Der Kap-Staat präsentierte sich einem staunenden Weltpublikum bisher als fähiger und sympathischer WM-Gastgeber. Das berühmt- berüchtigte fatalistische Kürzel ausländischer Entwicklungshelfer – «TIA» – (für «This is Afrika!» – etwa: So ist Afrika eben!) – macht Platz für den WM-Slogan «Ke Nako». Afrikas Zeit ist gekommen… Nach anfänglicher Scheu haben sich viele der angereisten Berichterstatter ans Entdecken gemacht und sogar in Townships mit verdrehten Augen Hühnerfüße verkostet. Selbst die korrekte Schreibweise der Stadt Johannesburg (mit «e» statt mit «i») hat sich nun eingebürgert.

«Wir leben noch, und gar nicht so schlecht», lautet die Kernbotschaft an die Heimat. Findige Händler haben sie längst aufgegriffen und verkaufen erfolgreich T-Shirts mit dem Aufdruck «I survived Jo’burg» (Ich habe Jo’burg überlebt).

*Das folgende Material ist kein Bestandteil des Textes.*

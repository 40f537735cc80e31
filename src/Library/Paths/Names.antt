-- ===== src/Library/Paths/Names.antt =====
-- The parts of a path that resolve builds are components of a clean path.
use homesink.Base.{
  ℕ, suc, ◌-◌, ◌/◌, ◌≡◌, ◌≢◌, refl, subst, inl, inr, Bool, true, false, not, ◌||◌, [], ◌∷◌, ◌++◌,
  Str, codes, ltb, ◌==◌, Bool-cases, all, arith, length,
}
use homesink.Base.Int.{ℤ, pos, negsuc}
use homesink.Base.Texts.{all-imp, starts}
use homesink.Base.Decimal.{decimal, digits, replicate, is_digit, pad_decimal, pad_decimal-all}
use homesink.Library.Sanitize.{contains_rune, is_forbidden, is_dot_or_space}
use homesink.Library.Sanitize.Safe.{is_safe, Named}
use homesink.Library.Sanitize.Filename.{Component}
use homesink.Library.Paths.{not_relative, pad_int, join_rel}
use homesink.Library.Paths.Inside.{CleanName}

-- Runes that are safe are no separator.
safe_rune : (r : ℕ) → is_safe r ≡ true → not (r == 47) ≡ true
unfolding is_forbidden contains_rune
safe_rune r h = ground arith

no_slash : (s : Str) → all is_safe s ≡ true → all (λ r. not (r == 47)) s ≡ true
no_slash s = all-imp is_safe (λ r. not (r == 47)) s safe_rune

relative_rune : (r : ℕ) → is_safe r ≡ true → (r == 47) || (r == 92) ≡ false
unfolding is_forbidden contains_rune
relative_rune r h = ground arith

head_safe : (r : ℕ) (s : Str) → all is_safe (r ∷ s) ≡ true → is_safe r ≡ true
unfolding is_forbidden
head_safe r s h = ground arith

not_relative-append : (s t : Str) → s ≢ [] → all is_safe s ≡ true → not_relative (s ++ t) ≡ false
not_relative-append [] t n h = absurd (n refl)
not_relative-append (r ∷ s) t n h = relative_rune r (head_safe r s h)

pub relative :
    (album : Str) (year : ℤ) (month : ℕ) (filename : Str)
    → album ≢ []
    → all is_safe album ≡ true
    → not_relative (join_rel album year month filename) ≡ false
unfolding join_rel
relative album year month filename n h = not_relative-append album _ n h

-- Digits and the minus sign.
abbrev is_plain : ℕ → Bool
is_plain r = is_digit r || (r == 45)

plain_digit : (r : ℕ) → is_digit r ≡ true → is_plain r ≡ true
plain_digit r h = ground arith

plain_rune : (r : ℕ) → is_plain r ≡ true → not (r == 47) ≡ true
plain_rune r h = ground arith

pub plain-CleanName : (s : Str) → s ≢ [] → all is_plain s ≡ true → CleanName s
plain-CleanName s n h = record {
  some_text = n;
  not_self = λ e. cc (subst (λ (x : Str). all is_plain x ≡ true) e h);
  not_parent = λ e. cc (subst (λ (x : Str). all is_plain x ≡ true) e h);
  one = all-imp is_plain (λ r. not (r == 47)) s plain_rune h;
}

append-some : (s t : Str) → t ≢ [] → s ++ t ≢ []
append-some [] t n e = n e
append-some (r ∷ s) t n e = cc e

digits-some : (f n : ℕ) → digits (suc f) n ≢ []
unfolding digits
digits-some f n = elim (Bool-cases (ltb n 10)) [
  | inl t ↦ rw t (λ e. cc e)
  | inr t ↦ rw t (append-some (digits f (n / 10)) _ (λ e. cc e))
]

pub pad_decimal-some : (width n : ℕ) → pad_decimal width n ≢ []
unfolding pad_decimal decimal
pad_decimal-some width n =
    append-some (replicate (width - length (decimal n)) 48) (digits (suc n) n) (digits-some n n)

pub pad_decimal-plain : (width n : ℕ) → all is_plain (pad_decimal width n) ≡ true
pad_decimal-plain width n =
    all-imp is_digit is_plain (pad_decimal width n) plain_digit (pad_decimal-all width n)

pub pad_int-CleanName : (width : ℕ) (y : ℤ) → CleanName (pad_int width y)
unfolding pad_int
pad_int-CleanName width (pos n) =
    plain-CleanName (pad_decimal width n) (pad_decimal-some width n) (pad_decimal-plain width n)
pad_int-CleanName width (negsuc n) =
    plain-CleanName (45 ∷ pad_decimal (width - 1) (suc n)) (λ e. cc e)
      (pad_decimal-plain (width - 1) (suc n))

pub Named-CleanName : (s : Str) → Named s → CleanName s
Named-CleanName s n = record {
  some_text = n.some_text;
  not_self = λ e. cc (subst (λ (x : Str). starts is_dot_or_space x ≡ false) e n.first);
  not_parent = λ e. cc (subst (λ (x : Str). starts is_dot_or_space x ≡ false) e n.first);
  one = no_slash s n.runes;
}

pub Component-CleanName : (s : Str) → Component s → s ≢ [] → s ≢ codes "." → CleanName s
Component-CleanName s c n d = record {
  some_text = n;
  not_self = d;
  not_parent = c.not_parent;
  one = no_slash s c.runes;
}
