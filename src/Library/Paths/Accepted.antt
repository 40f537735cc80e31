-- ===== src/Library/Paths/Accepted.antt =====
-- safe_abs at a path that resolve builds.
use mathlib.Core.List.{append-nil, append_assoc}
use homesink.Base.{
  ℕ, ◌≡◌, ◌≢◌, refl, sym, ap, ◌∙◌, inl, inr, true, false, not, List, [], ◌∷◌, ◌++◌, some, Str,
  codes, str_eq_refl, str_eq_ne, ◌==◌, Bool-cases, All, all,
}
use homesink.Base.Int.{ℤ}
use homesink.Base.Decimal.{pad_decimal}
use homesink.Core.Types.{Placement}
use homesink.Library.Clusters.{Segmenter}
use homesink.Library.Sanitize.Safe.{is_safe, Named, sanitize_album-Named}
use homesink.Library.Sanitize.Filename.{Component, sanitize_filename-Component}
use homesink.Library.Paths.{
  AbsPath, cons_head, split_slash, clean_step, clean_steps, join_path, rel, escapes, safe_abs,
  pad_int, join_rel, resolve, build_rel_path,
}
use homesink.Library.Paths.Inside.{CleanName}
use homesink.Library.Paths.Names.{
  relative, pad_int-CleanName, Named-CleanName, plain-CleanName, pad_decimal-some,
  pad_decimal-plain, Component-CleanName,
}

-- Splitting at the slash after a component.
split_slash-append :
    (c s : Str) → all (λ r. not (r == 47)) c ≡ true → split_slash (c ++ 47 ∷ s) ≡ c ∷ split_slash s
unfolding split_slash
split_slash-append [] s h = refl
split_slash-append (r ∷ c) s h = elim (Bool-cases (r == 47)) [
  | inl t ↦ cc (rw t at h)
  | inr t ↦ rw t (ap (cons_head r) (split_slash-append c s (rw t at h)))
]

split_slash-one : (c : Str) → all (λ r. not (r == 47)) c ≡ true → split_slash c ≡ c ∷ []
unfolding split_slash
split_slash-one [] h = refl
split_slash-one (r ∷ c) h = elim (Bool-cases (r == 47)) [
  | inl t ↦ cc (rw t at h)
  | inr t ↦ rw t (ap (cons_head r) (split_slash-one c (rw t at h)))
]

clean_step_lem : (path : AbsPath) (c : Str) → CleanName c → clean_step path c ≡ path ++ c ∷ []
unfolding clean_step
clean_step_lem path c n =
    rw
      (
        str_eq_ne c [] n.some_text,
        str_eq_ne c (codes ".") n.not_self,
        str_eq_ne c (codes "..") n.not_parent,
      )
      refl

clean_steps_lem :
    (path : AbsPath) (cs : List Str) → All CleanName cs → clean_steps path cs ≡ path ++ cs
unfolding clean_steps
clean_steps_lem path [] h = sym (append-nil path)
clean_steps_lem path (c ∷ cs) h =
    rw (clean_step_lem path c h.0)
      (clean_steps_lem (path ++ c ∷ []) cs h.1 ∙ append_assoc path (c ∷ []) cs)

rel-append : (root rest : AbsPath) → rel root (root ++ rest) ≡ rest
unfolding rel
rel-append [] rest = refl
rel-append (b ∷ bs) rest = rw (str_eq_refl b) (rel-append bs rest)

-- The four components of a path that joinRel builds.
abbrev pub components : Str → ℤ → ℕ → Str → List Str
components album year month filename = album ∷ pad_int 4 year ∷ pad_decimal 2 month ∷ filename ∷ []

split-join_rel :
    (album : Str) (year : ℤ) (month : ℕ) (filename : Str)
    → All CleanName (components album year month filename)
    → split_slash (join_rel album year month filename) ≡ components album year month filename
unfolding join_rel
split-join_rel album year month filename h =
    split_slash-append album _ h.0.one
    ∙ ap (◌∷◌ album) (
        split_slash-append (pad_int 4 year) _ h.1.0.one
        ∙ ap (◌∷◌ (pad_int 4 year)) (
            split_slash-append (pad_decimal 2 month) filename h.1.1.0.one
            ∙ ap (◌∷◌ (pad_decimal 2 month)) (split_slash-one filename h.1.1.1.0.one)))

join_path-join_rel :
    (root : AbsPath) (album : Str) (year : ℤ) (month : ℕ) (filename : Str)
    → All CleanName (components album year month filename)
    → join_path root (join_rel album year month filename)
      ≡ root ++ components album year month filename
unfolding join_path
join_path-join_rel root album year month filename h =
    rw (split-join_rel album year month filename h)
      (clean_steps_lem root (components album year month filename) h)

escapes-components :
    (root : AbsPath) (album : Str) (year : ℤ) (month : ℕ) (filename : Str)
    → CleanName album
    → escapes (rel root (root ++ components album year month filename)) ≡ false
escapes-components root album year month filename a =
    rw (rel-append root (components album year month filename))
      (str_eq_ne album (codes "..") a.not_parent)

-- safeAbs accepts a path of four clean components whose first rune is no separator.
safe_abs-join_rel :
    (root : AbsPath) (album : Str) (year : ℤ) (month : ℕ) (filename : Str)
    → all is_safe album ≡ true
    → All CleanName (components album year month filename)
    → safe_abs root (join_rel album year month filename)
      ≡ some (root ++ components album year month filename)
unfolding safe_abs
safe_abs-join_rel root album year month filename safe h =
    rw
      (
        relative album year month filename h.0.some_text safe,
        join_path-join_rel root album year month filename h,
        escapes-components root album year month filename h.0,
      )
      refl

pub four-CleanName :
    (album : Str) (year : ℤ) (month : ℕ) (filename : Str)
    → Named album
    → Component filename
    → filename ≢ []
    → filename ≢ codes "."
    → All CleanName (components album year month filename)
four-CleanName album year month filename a f n d = (
  Named-CleanName album a,
  (
    pad_int-CleanName 4 year,
    (
      plain-CleanName (pad_decimal 2 month) (pad_decimal-some 2 month) (pad_decimal-plain 2 month),
      (Component-CleanName filename f n d, tt),
    ),
  ),
)

-- The path built for a placement is accepted below any root, and has the components album, year,
-- month and filename, unless the file's sanitised name is the single dot.
pub safe_abs-build_rel_path :
    (nfc : Str → Str) (extra : Segmenter) (root : AbsPath) (pl : Placement)
    → (resolve nfc extra pl).filename ≢ codes "."
    → (let r = resolve nfc extra pl in
        safe_abs root (build_rel_path nfc extra pl)
        ≡ some (root ++ components r.album r.year r.month r.filename))
unfolding build_rel_path resolve
safe_abs-build_rel_path nfc extra root pl d =
    let r = resolve nfc extra pl in
    let named = sanitize_album-Named nfc extra pl.album in
    let fits = sanitize_filename-Component nfc extra pl.filename in
    safe_abs-join_rel root r.album r.year r.month r.filename named.runes
      (four-CleanName r.album r.year r.month r.filename named fits.0 fits.1 d)
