-- ===== src/Store/Items.antt =====
-- backend/internal/store/items.go: the items table, with its constraints.
pub mod Consistent
use homesink.Base.{
  ℕ, ◌+◌, Bool, true, not, ◌&&◌, List, [], ◌∷◌, ◌++◌, map, keep, Option, none, some, Str, str_eq,
  leb, if◌then◌else◌, select, delete,
}
use homesink.Base.Sort.{sort}
use homesink.Core.Types.{Item}
use homesink.Store.{
  Database, BlobRow, ItemRow, Result, ok, err, not_found, already_exists, failure, with_tx,
  with_read, null_string, scan_string,
}
use homesink.Store.Devices.{str_lt, has_id}
use homesink.Store.Stats.{key_of, holds, size_of, add_to_album_stats_tx, remove_from_album_stats_tx}

-- The row that InsertItem writes.
unfoldable pub item_row : Item → ItemRow
item_row it = record {
  item_id = it.item_id;
  hash = it.hash;
  album = it.album;
  year = it.year;
  month = it.month;
  filename = it.filename;
  rel_path = it.rel_path;
  captured_at_ms = it.captured_at_ms;
  captured_offset_min = it.captured_offset_min;
  device_id = null_string it.device_id;
  created_at = it.created_at;
}

unfoldable pub scan_item : ItemRow → Item
scan_item r = record {
  item_id = r.item_id;
  hash = r.hash;
  album = r.album;
  year = r.year;
  month = r.month;
  filename = r.filename;
  rel_path = r.rel_path;
  captured_at_ms = r.captured_at_ms;
  captured_offset_min = r.captured_offset_min;
  device_id = scan_string r.device_id;
  created_at = r.created_at;
}

abbrev pub is_item : Str → ItemRow → Bool
is_item id r = str_eq r.item_id id

abbrev pub at_path : Str → ItemRow → Bool
at_path path r = str_eq r.rel_path path

abbrev pub of_blob : Str → ItemRow → Bool
of_blob h r = str_eq r.hash h

-- The constraints of the table: CHECK, then UNIQUE, then the foreign key to devices.
abbrev pub known_device : Option Str → Database → Bool
known_device none db = true
known_device (some id) db = holds (select (has_id id) db.devices)

unfoldable pub insert_row : ItemRow → Database → Result Database
insert_row r db =
    if not (leb 1 r.month && leb r.month 12)
    then err failure
    else if holds (select (is_item r.item_id) db.items)
    then err already_exists
    else if holds (select (at_path r.rel_path) db.items)
    then err already_exists
    else if not (known_device r.device_id db)
    then err failure
    else ok (record db { items = db.items ++ r ∷ [] })

-- What follows the INSERT.
unfoldable pub after_insert : ItemRow → ℕ → Result Database → Result (Unit {0} × Database)
after_insert r size (err e) = err e
after_insert r size (ok db) = ok (tt, add_to_album_stats_tx (key_of r) size r.captured_at_ms db)

-- What follows the look-up of the blob's size.
unfoldable pub after_blob : Item → Database → Option ℕ → Result (Unit {0} × Database)
after_blob it db none = err not_found
after_blob it db (some size) = after_insert (item_row it) size (insert_row (item_row it) db)

unfoldable pub insert_item_tx : Item → Database → Result (Unit {0} × Database)
insert_item_tx it db = after_blob it db (size_of db.blobs it.hash)

unfoldable pub insert_item : Bool → Item → Database → Result (Unit {0}) × Database
insert_item fault it = with_tx fault (insert_item_tx it)

unfoldable pub found_item : Option ItemRow → Result Item
found_item none = err not_found
found_item (some r) = ok (scan_item r)

unfoldable pub item_by_path : Bool → Str → Database → Result Item
item_by_path fault path = with_read fault (λ db. found_item (select (at_path path) db.items))

unfoldable pub item_by_id : Bool → Str → Database → Result Item
item_by_id fault id = with_read fault (λ db. found_item (select (is_item id) db.items))

abbrev item_before : ItemRow → ItemRow → Bool
item_before a b = str_lt a.item_id b.item_id

unfoldable pub items_by_hash : Bool → Str → Database → Result (List Item)
items_by_hash fault h =
    with_read fault (λ db. ok (map scan_item (sort item_before (keep (of_blob h) db.items))))

-- The row of the item joined with its blob's size, and what follows that query.
abbrev pub with_size : ItemRow → Option ℕ → Option (ItemRow × ℕ)
with_size r none = none
with_size r (some size) = some (r, size)

abbrev pub join : List BlobRow → Option ItemRow → Option (ItemRow × ℕ)
join blobs none = none
join blobs (some r) = with_size r (size_of blobs r.hash)

unfoldable pub after_join : Str → Database → Option (ItemRow × ℕ) → Result (Unit {0} × Database)
after_join id db none = err not_found
after_join id db (some (r, size)) = ok (
  tt,
  remove_from_album_stats_tx (key_of r) size (record db { items = delete (is_item id) db.items }),
)

unfoldable pub delete_item_tx : Str → Database → Result (Unit {0} × Database)
delete_item_tx id db = after_join id db (join db.blobs (select (is_item id) db.items))

unfoldable pub delete_item : Bool → Str → Database → Result (Unit {0}) × Database
delete_item fault id = with_tx fault (delete_item_tx id)
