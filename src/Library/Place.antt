-- ===== src/Library/Place.antt =====
-- Place and resolveCollision of backend/internal/library/place.go.
pub mod Outcome
pub mod Again
pub mod Recorded
pub mod Suffix
pub mod Success
use homesink.Base.{
  ℕ, Bool, true, false, ◌&&◌, ◌||◌, [], Option, none, some, Str, str_eq, all, bytes, length, leb,
  ◌==◌, if◌then◌else◌,
}
use homesink.Core.Types.{Item, Placement}
use homesink.Store.{Database, Result, ok, err, is_not_found}
use homesink.Store.Items.{item_by_path}
use homesink.Library.Clusters.{Segmenter}
use homesink.Library.Paths.{AbsPath, Resolved, resolve, suffixed_filename, join_rel, safe_abs}
use homesink.Library.Files.{Files}
use homesink.Library.Install.{
  Faults, Placer, invalid_hash, collision, unsafe_path, io, store, Placed, done, fail, install,
}

-- validHash.
abbrev pub is_hex : ℕ → Bool
is_hex c = (leb b'0' c && leb c b'9') || (leb b'a' c && leb c b'f')

unfoldable pub valid_hash : Str → Bool
unfolding bytes
valid_hash s = if length (bytes s) == 64 then all is_hex (bytes s) else false

-- itemAt.
unfoldable pub item_found : Result Item → Placed (Option Item)
item_found (ok it) = done (some it)
item_found (err e) = if is_not_found e then done none else fail (store e)

unfoldable pub item_at : Bool → Str → Database → Placed (Option Item)
unfolding item_by_path item_found
item_at fault path db = item_found (item_by_path fault path db)

-- resolveCollision: the second look-up, and then the whole.
unfoldable pub after_second :
    Str → Resolved → Placed (Option Item) → Placed (Resolved × Option Item)
after_second hash r (fail e) = fail e
after_second hash r (done none) = done (r, none)
after_second hash r (done (some it)) =
    if str_eq it.hash hash then done (r, some it) else fail collision

abbrev pub with_name : Str → Resolved → Resolved
with_name filename r = record r {
  filename = filename;
  rel_path = join_rel r.album r.year r.month filename;
}

unfoldable pub after_first :
    Segmenter
    → Bool
    → Str
    → Database
    → Resolved
    → Placed (Option Item)
    → Placed (Resolved × Option Item)
unfolding after_second item_at suffixed_filename
after_first extra fault hash db r (fail e) = fail e
after_first extra fault hash db r (done none) = done (r, none)
after_first extra fault hash db r (done (some it)) =
    let r' = with_name (suffixed_filename extra r.filename hash) r in
    if str_eq it.hash hash
    then done (r, some it)
    else after_second hash r' (item_at fault r'.rel_path db)

unfoldable pub resolve_collision :
    (Str → Str) → Segmenter → Faults → Str → Placement → Database → Placed (Resolved × Option Item)
unfolding resolve after_first item_at
resolve_collision nfc extra faults hash pl db =
    let r = resolve nfc extra pl in
    after_first extra faults.second_item hash db r (item_at faults.first_item r.rel_path db)

-- The item that Place returns for a new placement.
abbrev pub placed_item : Placer → Str → Placement → Resolved → Item
placed_item p hash pl r = record {
  item_id = p.item_id;
  hash = hash;
  album = r.album;
  year = r.year;
  month = r.month;
  filename = r.filename;
  rel_path = r.rel_path;
  captured_at_ms = pl.captured_at_ms;
  captured_offset_min = pl.captured_offset_min;
  device_id = [];
  created_at = p.now;
}

unfoldable pub after_install : Bool → Item → Placed (Unit {0}) × Files → Placed Item × Files
after_install fault it (fail e, fs) = (fail e, fs)
after_install true it (done _, fs) = (fail io, fs)
after_install false it (done _, fs) = (done it, fs)

abbrev pub after_abs :
    Faults → Placer → Str → Item → Database → Files → Option AbsPath → Placed Item × Files
after_abs faults p hash it db fs none = (fail unsafe_path, fs)
after_abs faults p hash it db fs (some abs) =
    after_install faults.random_id it (install faults p hash abs db fs)

unfoldable pub after_resolve :
    Faults
    → Placer
    → Str
    → Placement
    → Database
    → Files
    → Placed (Resolved × Option Item)
    → Placed Item × Files
unfolding after_install install safe_abs
after_resolve faults p hash pl db fs (fail e) = (fail e, fs)
after_resolve faults p hash pl db fs (done (r, some it)) = (done it, fs)
after_resolve faults p hash pl db fs (done (r, none)) =
    after_abs faults p hash (placed_item p hash pl r) db fs (safe_abs p.root r.rel_path)

unfoldable pub place :
    (Str → Str)
    → Segmenter
    → Faults
    → Placer
    → Str
    → Placement
    → Database
    → Files
    → Placed Item × Files
unfolding valid_hash resolve_collision after_resolve
place nfc extra faults p hash pl db fs =
    if valid_hash hash
    then after_resolve faults p hash pl db fs (resolve_collision nfc extra faults hash pl db)
    else (fail invalid_hash, fs)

Nach anfänglicher Skepsis über die WM-Touristen zählten die Behörden in den ersten beiden Juni-Wochen 456 000 Besucher – wobei offen bleibt, ob alles WM-Touristen waren. Nachdem viele internationale Stars angesichts der negativen Schlagzeilen im Vorfeld der WM fernblieben, berichten die Organisatoren von verstärktem Interesse an Last-Minute-Reisen. Kommende Woche wird daher eine zweite Welle von Besuchern erwartet.

Denn die Stimmung unter den angereisten WM-Fans ist trotz nächtlicher Minusgrade gut. Die Masse der Besucher berichtet von positiven Erfahrungen. Die Restaurants sind voll, und in den Bars wird überschwänglich gefeiert. Es herrscht Partystimmung: in den Fan- Parks liegen sich bunt geschmückte Chilenen, Serben oder Argentinier in den Armen. Wer bei all dem turbulentem Treiben noch Zeit hat, kann sich schon auf die nächste WM einstimmen. In Johannesburgs Nobel-Vorort Sandton präsentiert sich bereits der nächste WM-Gastgeber Brasilien unter dem Slogan: «Brasilien ruft euch».